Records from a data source
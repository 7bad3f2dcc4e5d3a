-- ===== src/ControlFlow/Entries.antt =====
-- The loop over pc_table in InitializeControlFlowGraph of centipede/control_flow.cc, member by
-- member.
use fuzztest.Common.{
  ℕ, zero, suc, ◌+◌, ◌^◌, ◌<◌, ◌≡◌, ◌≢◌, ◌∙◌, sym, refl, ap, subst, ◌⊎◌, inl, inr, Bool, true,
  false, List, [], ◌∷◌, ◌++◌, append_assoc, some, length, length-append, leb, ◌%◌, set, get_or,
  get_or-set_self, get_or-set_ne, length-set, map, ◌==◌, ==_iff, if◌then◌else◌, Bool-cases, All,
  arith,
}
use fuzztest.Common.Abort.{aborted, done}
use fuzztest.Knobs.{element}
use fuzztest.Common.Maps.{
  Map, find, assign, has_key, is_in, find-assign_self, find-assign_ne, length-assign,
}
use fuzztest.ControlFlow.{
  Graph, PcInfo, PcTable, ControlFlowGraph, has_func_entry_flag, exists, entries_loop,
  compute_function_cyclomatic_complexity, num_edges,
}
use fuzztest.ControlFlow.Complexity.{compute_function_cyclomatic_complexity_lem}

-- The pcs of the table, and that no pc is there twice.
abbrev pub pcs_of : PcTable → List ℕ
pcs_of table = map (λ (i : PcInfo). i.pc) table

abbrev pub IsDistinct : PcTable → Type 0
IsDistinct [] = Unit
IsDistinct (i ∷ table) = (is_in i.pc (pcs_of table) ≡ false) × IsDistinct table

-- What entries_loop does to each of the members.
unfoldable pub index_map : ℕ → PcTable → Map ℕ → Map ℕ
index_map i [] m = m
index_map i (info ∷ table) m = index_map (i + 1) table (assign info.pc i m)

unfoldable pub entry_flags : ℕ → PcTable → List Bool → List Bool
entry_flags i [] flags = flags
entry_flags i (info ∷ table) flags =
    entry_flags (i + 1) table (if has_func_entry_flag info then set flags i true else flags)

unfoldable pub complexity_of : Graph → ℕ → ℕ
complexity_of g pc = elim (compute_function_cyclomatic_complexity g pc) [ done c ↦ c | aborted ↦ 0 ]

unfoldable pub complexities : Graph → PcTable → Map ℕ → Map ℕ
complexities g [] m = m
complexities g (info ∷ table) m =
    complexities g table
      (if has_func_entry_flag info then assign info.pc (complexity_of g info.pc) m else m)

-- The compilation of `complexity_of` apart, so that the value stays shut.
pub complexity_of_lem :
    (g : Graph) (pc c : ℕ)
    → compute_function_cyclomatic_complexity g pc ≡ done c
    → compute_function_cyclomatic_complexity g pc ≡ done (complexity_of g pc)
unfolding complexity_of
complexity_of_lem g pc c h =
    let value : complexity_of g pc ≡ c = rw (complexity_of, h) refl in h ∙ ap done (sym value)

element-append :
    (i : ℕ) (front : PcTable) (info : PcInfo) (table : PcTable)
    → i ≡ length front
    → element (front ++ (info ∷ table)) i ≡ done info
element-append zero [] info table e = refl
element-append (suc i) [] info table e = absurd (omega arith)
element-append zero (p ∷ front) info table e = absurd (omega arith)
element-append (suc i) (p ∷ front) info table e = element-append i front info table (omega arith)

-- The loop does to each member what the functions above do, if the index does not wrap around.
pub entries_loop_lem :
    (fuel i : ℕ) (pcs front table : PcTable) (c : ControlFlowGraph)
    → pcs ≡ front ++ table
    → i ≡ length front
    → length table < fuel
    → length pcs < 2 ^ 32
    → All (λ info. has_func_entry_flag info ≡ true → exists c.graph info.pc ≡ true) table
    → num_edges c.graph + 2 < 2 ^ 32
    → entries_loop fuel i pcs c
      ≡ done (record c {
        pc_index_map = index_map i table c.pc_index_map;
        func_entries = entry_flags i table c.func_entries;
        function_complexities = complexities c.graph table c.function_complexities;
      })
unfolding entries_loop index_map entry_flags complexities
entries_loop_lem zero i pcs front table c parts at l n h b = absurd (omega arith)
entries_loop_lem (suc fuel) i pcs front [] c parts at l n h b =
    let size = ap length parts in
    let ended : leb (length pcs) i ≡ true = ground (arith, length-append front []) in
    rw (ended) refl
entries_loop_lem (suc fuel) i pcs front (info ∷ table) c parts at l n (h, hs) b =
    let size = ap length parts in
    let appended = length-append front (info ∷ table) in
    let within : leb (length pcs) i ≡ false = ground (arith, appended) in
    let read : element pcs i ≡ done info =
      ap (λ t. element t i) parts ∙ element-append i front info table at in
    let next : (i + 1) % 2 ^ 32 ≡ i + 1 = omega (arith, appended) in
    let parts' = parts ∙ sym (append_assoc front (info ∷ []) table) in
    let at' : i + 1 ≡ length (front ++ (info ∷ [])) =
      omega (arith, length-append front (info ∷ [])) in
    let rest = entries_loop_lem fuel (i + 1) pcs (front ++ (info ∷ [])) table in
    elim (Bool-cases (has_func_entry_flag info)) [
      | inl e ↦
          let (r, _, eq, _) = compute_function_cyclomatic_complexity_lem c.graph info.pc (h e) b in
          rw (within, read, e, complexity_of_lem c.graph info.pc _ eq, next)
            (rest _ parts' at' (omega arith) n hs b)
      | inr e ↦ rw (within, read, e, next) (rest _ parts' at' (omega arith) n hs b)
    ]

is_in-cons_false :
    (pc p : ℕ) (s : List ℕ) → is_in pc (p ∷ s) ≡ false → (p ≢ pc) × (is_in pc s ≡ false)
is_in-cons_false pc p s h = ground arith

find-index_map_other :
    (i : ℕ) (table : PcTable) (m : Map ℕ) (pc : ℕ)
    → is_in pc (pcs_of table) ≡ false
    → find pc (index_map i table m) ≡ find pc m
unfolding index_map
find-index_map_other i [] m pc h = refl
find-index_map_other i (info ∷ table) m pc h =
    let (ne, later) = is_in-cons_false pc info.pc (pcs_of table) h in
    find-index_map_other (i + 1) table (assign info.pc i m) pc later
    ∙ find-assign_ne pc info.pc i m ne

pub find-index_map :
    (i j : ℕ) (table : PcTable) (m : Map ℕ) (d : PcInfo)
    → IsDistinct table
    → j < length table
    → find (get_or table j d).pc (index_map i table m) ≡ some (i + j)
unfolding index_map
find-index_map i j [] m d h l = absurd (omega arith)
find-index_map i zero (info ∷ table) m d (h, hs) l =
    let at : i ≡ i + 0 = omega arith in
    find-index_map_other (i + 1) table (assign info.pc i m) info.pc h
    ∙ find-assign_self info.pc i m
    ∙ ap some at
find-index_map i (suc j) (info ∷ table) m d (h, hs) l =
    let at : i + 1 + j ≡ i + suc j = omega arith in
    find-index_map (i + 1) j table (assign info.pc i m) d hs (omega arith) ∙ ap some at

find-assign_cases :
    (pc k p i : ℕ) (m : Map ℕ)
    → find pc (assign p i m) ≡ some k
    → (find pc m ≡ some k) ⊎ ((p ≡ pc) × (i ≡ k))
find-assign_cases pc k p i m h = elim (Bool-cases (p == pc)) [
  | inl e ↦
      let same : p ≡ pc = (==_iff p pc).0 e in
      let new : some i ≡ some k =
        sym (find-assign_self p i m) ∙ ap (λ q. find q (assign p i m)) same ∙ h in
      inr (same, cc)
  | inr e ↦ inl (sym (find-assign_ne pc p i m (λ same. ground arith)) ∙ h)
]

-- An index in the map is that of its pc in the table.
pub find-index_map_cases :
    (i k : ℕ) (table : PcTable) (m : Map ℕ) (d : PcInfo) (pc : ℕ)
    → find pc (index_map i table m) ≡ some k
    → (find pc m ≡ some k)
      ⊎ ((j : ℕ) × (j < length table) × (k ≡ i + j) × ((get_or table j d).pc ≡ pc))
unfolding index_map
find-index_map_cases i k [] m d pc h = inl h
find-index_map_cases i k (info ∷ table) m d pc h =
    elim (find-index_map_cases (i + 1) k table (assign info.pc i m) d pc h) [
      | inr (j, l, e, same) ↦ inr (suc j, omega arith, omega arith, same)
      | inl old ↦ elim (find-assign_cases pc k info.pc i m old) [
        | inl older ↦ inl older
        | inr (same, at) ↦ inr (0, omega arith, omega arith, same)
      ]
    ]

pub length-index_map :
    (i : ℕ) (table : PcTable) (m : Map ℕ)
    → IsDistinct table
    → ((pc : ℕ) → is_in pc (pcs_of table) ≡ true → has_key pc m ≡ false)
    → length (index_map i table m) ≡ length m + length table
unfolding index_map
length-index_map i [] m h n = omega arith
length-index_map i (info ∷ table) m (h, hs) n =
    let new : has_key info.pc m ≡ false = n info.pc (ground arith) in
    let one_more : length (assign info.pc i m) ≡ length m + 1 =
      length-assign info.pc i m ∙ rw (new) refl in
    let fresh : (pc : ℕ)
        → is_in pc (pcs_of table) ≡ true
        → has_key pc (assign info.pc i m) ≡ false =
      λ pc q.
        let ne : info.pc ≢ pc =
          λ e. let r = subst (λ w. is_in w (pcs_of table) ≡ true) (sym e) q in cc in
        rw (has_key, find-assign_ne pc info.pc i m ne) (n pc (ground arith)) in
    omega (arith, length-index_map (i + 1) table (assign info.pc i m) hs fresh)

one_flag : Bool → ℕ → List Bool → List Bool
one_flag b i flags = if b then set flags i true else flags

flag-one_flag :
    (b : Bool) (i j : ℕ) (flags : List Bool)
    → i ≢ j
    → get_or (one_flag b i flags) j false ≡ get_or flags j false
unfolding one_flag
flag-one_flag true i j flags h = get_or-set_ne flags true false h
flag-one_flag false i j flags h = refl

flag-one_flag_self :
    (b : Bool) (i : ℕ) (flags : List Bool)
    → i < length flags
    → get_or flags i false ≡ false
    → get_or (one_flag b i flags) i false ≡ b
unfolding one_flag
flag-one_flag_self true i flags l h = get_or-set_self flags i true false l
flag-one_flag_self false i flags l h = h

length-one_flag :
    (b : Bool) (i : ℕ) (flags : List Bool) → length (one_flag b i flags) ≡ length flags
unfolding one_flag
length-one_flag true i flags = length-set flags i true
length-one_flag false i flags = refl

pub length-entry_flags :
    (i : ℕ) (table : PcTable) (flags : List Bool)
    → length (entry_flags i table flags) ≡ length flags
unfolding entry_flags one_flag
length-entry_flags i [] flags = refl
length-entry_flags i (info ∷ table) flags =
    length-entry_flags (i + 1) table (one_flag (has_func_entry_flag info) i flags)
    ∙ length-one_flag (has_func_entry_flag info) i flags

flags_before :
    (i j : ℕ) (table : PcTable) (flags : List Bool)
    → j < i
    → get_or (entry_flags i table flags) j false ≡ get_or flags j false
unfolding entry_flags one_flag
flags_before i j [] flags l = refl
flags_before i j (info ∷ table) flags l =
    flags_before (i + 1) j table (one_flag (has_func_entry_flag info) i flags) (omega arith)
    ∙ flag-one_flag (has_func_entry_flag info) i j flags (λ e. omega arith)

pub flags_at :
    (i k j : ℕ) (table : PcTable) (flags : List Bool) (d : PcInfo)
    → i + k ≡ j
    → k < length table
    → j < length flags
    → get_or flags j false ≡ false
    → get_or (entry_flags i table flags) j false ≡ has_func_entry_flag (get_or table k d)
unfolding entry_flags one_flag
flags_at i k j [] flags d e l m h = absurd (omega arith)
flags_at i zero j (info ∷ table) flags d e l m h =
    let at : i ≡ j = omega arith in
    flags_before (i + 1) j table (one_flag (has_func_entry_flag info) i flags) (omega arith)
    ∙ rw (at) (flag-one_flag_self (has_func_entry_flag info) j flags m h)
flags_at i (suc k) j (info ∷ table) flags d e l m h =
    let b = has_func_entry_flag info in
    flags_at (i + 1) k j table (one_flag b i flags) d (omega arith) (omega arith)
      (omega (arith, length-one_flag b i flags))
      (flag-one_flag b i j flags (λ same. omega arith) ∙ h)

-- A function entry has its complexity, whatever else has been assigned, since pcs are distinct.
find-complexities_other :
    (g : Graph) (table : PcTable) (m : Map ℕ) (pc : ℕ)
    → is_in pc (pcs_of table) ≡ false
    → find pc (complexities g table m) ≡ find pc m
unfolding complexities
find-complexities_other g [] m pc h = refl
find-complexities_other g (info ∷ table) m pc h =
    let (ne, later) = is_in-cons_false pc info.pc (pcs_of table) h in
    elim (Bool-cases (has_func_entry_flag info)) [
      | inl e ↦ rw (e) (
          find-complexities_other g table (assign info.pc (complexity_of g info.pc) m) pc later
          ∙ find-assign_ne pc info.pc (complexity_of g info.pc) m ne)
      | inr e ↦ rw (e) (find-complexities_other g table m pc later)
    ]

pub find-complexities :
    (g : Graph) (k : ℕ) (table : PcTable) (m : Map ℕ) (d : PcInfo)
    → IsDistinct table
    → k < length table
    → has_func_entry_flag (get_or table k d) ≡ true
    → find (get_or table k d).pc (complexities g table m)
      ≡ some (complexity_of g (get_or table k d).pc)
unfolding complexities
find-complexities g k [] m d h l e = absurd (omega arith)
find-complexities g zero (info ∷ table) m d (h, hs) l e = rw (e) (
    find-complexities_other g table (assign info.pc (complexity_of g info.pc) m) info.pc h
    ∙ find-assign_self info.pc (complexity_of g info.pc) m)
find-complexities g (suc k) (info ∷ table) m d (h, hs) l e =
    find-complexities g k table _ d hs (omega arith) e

▸ EXERCISE PROMPT
Could you transcribe the entries above word for word, from the line with "m + length table" down to the line with "let one_more : length", keeping both?

▸ EXPECTED ANSWER
    → length (index_map i table m) ≡ length m + length table
unfolding index_map
length-index_map i [] m h n = omega arith
length-index_map i (info ∷ table) m (h, hs) n =
    let new : has_key info.pc m ≡ false = n info.pc (ground arith) in
    let one_more : length (assign info.pc i m) ≡ length m + 1 =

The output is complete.